Rousche is a nice enough town, 1347 inhabitants as of this morning - 84% rural, 12% urban, 3% vagrant, 1% other. It's the 'other' that keeps me in business. 'Other' can be anything from Charlatan to shit eating lunatic, some harmless, some not - it's my job to know the difference.
We run a tight ship here in Rousche, not like the grab ass antics that drove me insane in the Moot. I may be a Halfling by birth, but not by choice. My kind has a well deserved reputation of being lazy and undependable, to that I would only add stupid and irresponsible. It’s been quite a few years since I left the Moot, and I could not be happier that I DECIDED to leave when I did. Not a one of them understood what it takes to defend the Empire, and I wasn't going to sit idle stuffing my mouth with muffins and drinking ale while the enemies of the Emperor still drew breath. 
I am first captain of the Emperor's XLI Halfte Mensche Company - Rousche Division. While our numbers are few and resources scarce, we get the job done. At the present moment I am the only one... but I have spearheaded a recruitment drive that I am sure will soon bare fruit. Until we are at full strength it is my responsibility to take up the defense of Rousche. I have been coordinating the XLIst efforts with the locals these last few years and the city has remained secure under our mutual protection. Today I am to meet with Magistrate Franz Brookhaven at the county jail. While he has proven to be a competent ally he does not seem to take the job with the degree of seriousness I believe should be expected of someone charged with the safety of 1347 people. He will have to do until a suitable replacement can be found.
I have made it a habit to be at the jailhouse early to get a jump on the day. Franz is supposed to be there at 6am but rarely is, normally choosing sloth to responsibility - he slept in again. Him shirking his responsibilities is no excuse for me to dismiss my own though. So I sit at the steps of the jail house oiling my sling as usual, "A clean sling leads to a clean shot", I always say.

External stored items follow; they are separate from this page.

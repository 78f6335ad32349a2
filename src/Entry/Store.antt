-- ===== src/Entry/Store.antt =====
-- `Put` of an entry: it returns after at most one split, and stores the value.
use nali.Prelude.{
  ℕ, suc, ◌<◌, ◌≡◌, ◌∙◌, Bool, none, some, true, List, arith, ◌==◌, if◌then◌else◌, length, dec_lt,
  refl,
}
use nali.Bucket.Defs.{KvEntry, entry_count, ok, full}
use nali.Entry.Defs.{PointerBEntry, pb_entry_count, count, put, grow}
use nali.Entry.Valid.{contents, IsValid}
use nali.Entry.Locate.{locate}
use nali.Entry.Grow.{
  grown-IsValid, grown_contents, grown_count, grown_room, grown-Keeps, grown-Under,
}
use nali.Entry.Edges.{Keeps, Keeps-trans}
use nali.Entry.Put.{put_room, put_full, put_split}

module _ (memory : List KvEntry) (e : PointerBEntry) (valid : IsValid e) (k v : ℕ)
    (absent : contents e k ≡ none) where
  -- `e'` maps `k` to `v`, is like `e` elsewhere, and fits where `e` did.
  abbrev IsStored : PointerBEntry → Type 0
  IsStored e' =
      IsValid e'
      × ((j : ℕ) → contents e' j ≡ (if k == j then some v else contents e j))
      × Keeps e e' k

  store :
      (fuel : ℕ) (split : Bool)
      → (locate e valid k).holds.bucket.entries < entry_count
      → (e' : PointerBEntry) × (put (suc fuel) memory e k v split ≡ some (e', ok, split))
        × IsStored e'
        × (count e' ≡ count e)
  unfolding put
  store fuel split room =
      let (e', run, valid', contents', same, keeps) =
        put_room e valid k v absent (locate e valid k) memory room in
      (e', rw run refl, (valid', contents', keeps), same)

  -- what `put` leaves: the pair stored, after a split or without one, or no room for it
  pub data Outcome (fuel : ℕ) (split : Bool) : Type 0 where
    stored :
        (e' : PointerBEntry)
        → put fuel memory e k v split ≡ some (e', ok, split)
        → IsStored e'
        → count e' ≡ count e
        → Outcome fuel split
    stored_split :
        (e' : PointerBEntry)
        → put fuel memory e k v split ≡ some (e', ok, true)
        → IsStored e'
        → count e' ≡ suc (count e)
        → Outcome fuel split
    refused :
        put fuel memory e k v split ≡ some (e, full, split)
        → count e ≡ pb_entry_count
        → (locate e valid k).holds.bucket.entries ≡ entry_count
        → Outcome fuel split

-- One split is enough: with fuel for two runs of the body, `Put` of an absent key returns.
module _ (memory : List KvEntry) (size : length memory ≡ entry_count) (e : PointerBEntry)
    (valid : IsValid e) (k v : ℕ) (absent : contents e k ≡ none) where
  -- In a valid entry where the key is absent, with fuel for two runs of the body and fresh buckets
  -- of the full size, `Put` returns: it stores the pair and leaves a valid entry that is unchanged
  -- elsewhere and keeps its place, with the same number of buckets or, when the split flag is set,
  -- one more; or all four slots are in use and the bucket of the key is full, and then it reports
  -- Full and changes nothing.
  pub put-Outcome :
      (fuel : ℕ) (split : Bool) → Outcome memory e valid k v absent (suc (suc fuel)) split
  unfolding put
  put-Outcome fuel split =
      let at = locate e valid k in
      elim (dec_lt at.holds.bucket.entries entry_count) [
        | yes room ↦
            let (e', run, is_stored, same) =
              store memory e valid k v absent (suc fuel) split room in
            stored e' run is_stored same
        | no filled ↦
            let filled' : at.holds.bucket.entries ≡ entry_count =
              omega (arith, filled, at.holds.valid.bounded) in
            elim (dec_lt (count e) pb_entry_count) [
              | yes slot ↦
                  let valid' = grown-IsValid e valid k memory size at filled' slot in
                  let same' = grown_contents e valid k memory size at filled' slot in
                  let e' : PointerBEntry = record {
                    entrys = grow memory e.entrys (count e) at.pos at.holds.bucket;
                  } in
                  let (e'', run, (valid'', contents'', keeps''), same'') =
                    store memory e' valid' k v (same' k ∙ absent) fuel true
                      (grown_room e valid k memory size at filled' slot (locate e' valid' k)) in
                  stored_split e''
                    (rw (put_split e valid k v absent at memory filled' slot, run) refl)
                    (
                      valid'',
                      λ j. rw (contents'' j, same' j) refl,
                      Keeps-trans (grown-Keeps e valid k memory size at filled' slot) keeps''
                          (grown-Under e valid k memory size at filled' slot),
                    )
                    (same'' ∙ grown_count e valid k memory size at filled' slot)
              | no last ↦
                  let last' : count e ≡ pb_entry_count = omega (arith, last, valid.bounded) in
                  refused (rw (put_full e valid k v absent at memory filled' last') refl) last'
                    filled'
            ]
      ]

"Sigmar's hammer, and Ulric's balls - don't you have a home Oskar?" came Franz’s usual greeting. He stepped past me on to the porch and put his key in the door oblivious to the scowl I was giving him. He was an older man in his mid-50s and not in too terribly good of shape having both a large belly and thin legs at the same time with no ass to speak of. He had a full head of grey hair and wore a tattered leather jerkin which was stained with the many meals he had rested on his belly over the years. "I mean for the love of the god's, you were just here last night!"

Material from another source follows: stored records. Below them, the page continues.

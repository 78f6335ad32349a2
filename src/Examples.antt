-- ===== src/Examples.antt =====
-- Concrete inputs for the theorems, and runs of the definitions.
mod BucketRuns
mod EntryRuns
mod KvLogRuns
mod LogDbRuns
mod GroupRuns
mod TreeRuns
mod CacheRuns
mod LatchRuns
mod ScanRuns
mod OptLockRuns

"The enemies of the Empire do not sleep, so neither shall I". I shot back at him. "What is the schedule for today?"
Taking a breath as if annoyed at me for doing my duty he continued "Yes yes, do your rounds. I just got very little sleep last night. Damn daughter kept me up all night crying about her dog missing... and..." he trailed off and a smile began to form on his face. "Actually Oskar, I think I have a job for you".

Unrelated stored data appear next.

-- ===== src/Examples/BucketRuns.antt =====
-- Buckets of three and of fifteen records: src/nali_entry.h.
use nali.Prelude.{
  ℕ, ◌+◌, ◌*◌, ◌≡◌, refl, none, some, List, [], ◌∷◌, ◌++◌, arith, ◌==◌, if◌then◌else◌, replicate,
  map, take,
}
use nali.Bucket.Defs.{
  ok, full, no_exist, KvEntry, UnSortBuncket, blank, put, update, get, delete, min_key, put_buf_kv,
  remove_key,
}
use nali.Bucket.Contents.{value_of}
use nali.Bucket.Valid.{IsValid, contents}
use nali.Bucket.Laws
use nali.Bucket.Remove
use nali.Bucket.Sort.{get_sorted_index}
use nali.Bucket.Expand.{expand}
use nali.Bucket.Split.{Halves, expand-Halves}

abbrev pub memory : List KvEntry
memory = replicate 15 blank

abbrev pub pair : ℕ → KvEntry
pair k = record { key = k; value = k * 10 }

abbrev pub few : UnSortBuncket
few = record {
  entries = 3;
  max_entries = 15;
  records = map pair (7 ∷ 3 ∷ 9 ∷ []) ++ replicate 12 blank;
}

abbrev pub many : UnSortBuncket
many = record {
  entries = 15;
  max_entries = 15;
  records = map pair (8 ∷ 3 ∷ 15 ∷ 1 ∷ 12 ∷ 6 ∷ 10 ∷ 2 ∷ 14 ∷ 5 ∷ 9 ∷ 4 ∷ 13 ∷ 7 ∷ 11 ∷ []);
}

pub few-IsValid : IsValid few
unfolding value_of
few-IsValid = record {
  shape = record { capacity = refl; size = refl; bounded = omega arith };
  distinct = (refl, (refl, (refl, tt)));
}

pub many-IsValid : IsValid many
unfolding value_of
many-IsValid = record {
  shape = record { capacity = refl; size = refl; bounded = omega arith };
  distinct = (
    refl,
    (
      refl,
      (
        refl,
        (
          refl,
          (
            refl,
            (refl, (refl, (refl, (refl, (refl, (refl, (refl, (refl, (refl, (refl, tt)))))))))),
          ),
        ),
      ),
    ),
  );
}

runs :
    (get few 3 ≡ (ok, 30))
    × (get few 4 ≡ (no_exist, 0))
    × ((put many 20 1).1 ≡ full)
    × ((put few 4 40).1 ≡ ok)
    × ((delete few 7).0.records ≡ map pair (9 ∷ 3 ∷ 9 ∷ []) ++ replicate 12 blank)
    × ((update few 9 1).2 ≡ 90)
    × (min_key many ≡ 1)
unfolding get put delete update min_key
runs = (refl, refl, refl, refl, refl, refl, refl)

expand_run :
    ((expand many memory).split_key ≡ 8)
    × ((expand many memory).self.entries ≡ 7)
    × (take 8 (expand many memory).next.records
        ≡ map pair (8 ∷ 9 ∷ 10 ∷ 11 ∷ 12 ∷ 13 ∷ 14 ∷ 15 ∷ []))
    × (take 7 (expand many memory).self.records ≡ map pair (4 ∷ 3 ∷ 2 ∷ 1 ∷ 7 ∷ 6 ∷ 5 ∷ []))
unfolding expand get_sorted_index put_buf_kv remove_key
expand_run = (refl, refl, refl, refl)

expand-Halves_example : Halves many (expand many memory)
expand-Halves_example = expand-Halves many memory many-IsValid refl (omega arith)

put-Stored_example :
    (b' : UnSortBuncket) × (put few 4 40 ≡ (b', ok))
    × IsValid b'
    × ((j : ℕ) → contents b' j ≡ (if 4 == j then some 40 else contents few j))
    × (b'.entries ≡ few.entries + 1)
put-Stored_example = Laws.put-Stored few few-IsValid 4 40 (omega arith) (unfold value_of in refl)

get_lem_example : get few 9 ≡ elim (contents few 9) [ some v ↦ (ok, v) | none ↦ (no_exist, 0) ]
get_lem_example = Laws.get_lem few few-IsValid 9

update-Stored_example :
    (b' : UnSortBuncket) × (update few 9 1 ≡ (b', ok, 90))
    × IsValid b'
    × ((j : ℕ) → contents b' j ≡ (if 9 == j then some 1 else contents few j))
    × (b'.entries ≡ few.entries)
update-Stored_example = Laws.update-Stored few few-IsValid 9 1 90 (unfold value_of in refl)

delete-Removed_example :
    (b' : UnSortBuncket) × (delete few 7 ≡ (b', ok, 70))
    × IsValid b'
    × ((j : ℕ) → contents b' j ≡ (if 7 == j then none else contents few j))
    × (b'.entries + 1 ≡ few.entries)
delete-Removed_example = Remove.delete-Removed few few-IsValid 7 70 (unfold value_of in refl)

Franz stepped into the jailhouse and turned to me "Come in, come in" he said brusquely. Stepping inside I was met with the same unorganized mess that I had grown accustomed to - drawers open, coats un-hung, cell door open with the local drunk inside free to come and go as he pleased... and paper EVERYWHERE.
"What would you have of me Magistrate?" I asked inquisitively, not quite sure what to make of his sudden change of heart.
"Well Oskar, you see, my daughter's dog has run off and...." I cut him off immediately
"Sir, I am a defender of the Realm and a sworn protector of Rosche, a responsibility I take with the utmost seriousness. I have sworn my life to both the Emperor and Empire. I will not stand idle while you try to lower my standing to that of a dog catcher!" I snapped at him not realizing I had raised my voice. From the expression on his face I could tell I caught Franz off guard. He had grown accustomed to assigning me duties and me completing them without question or complaint. .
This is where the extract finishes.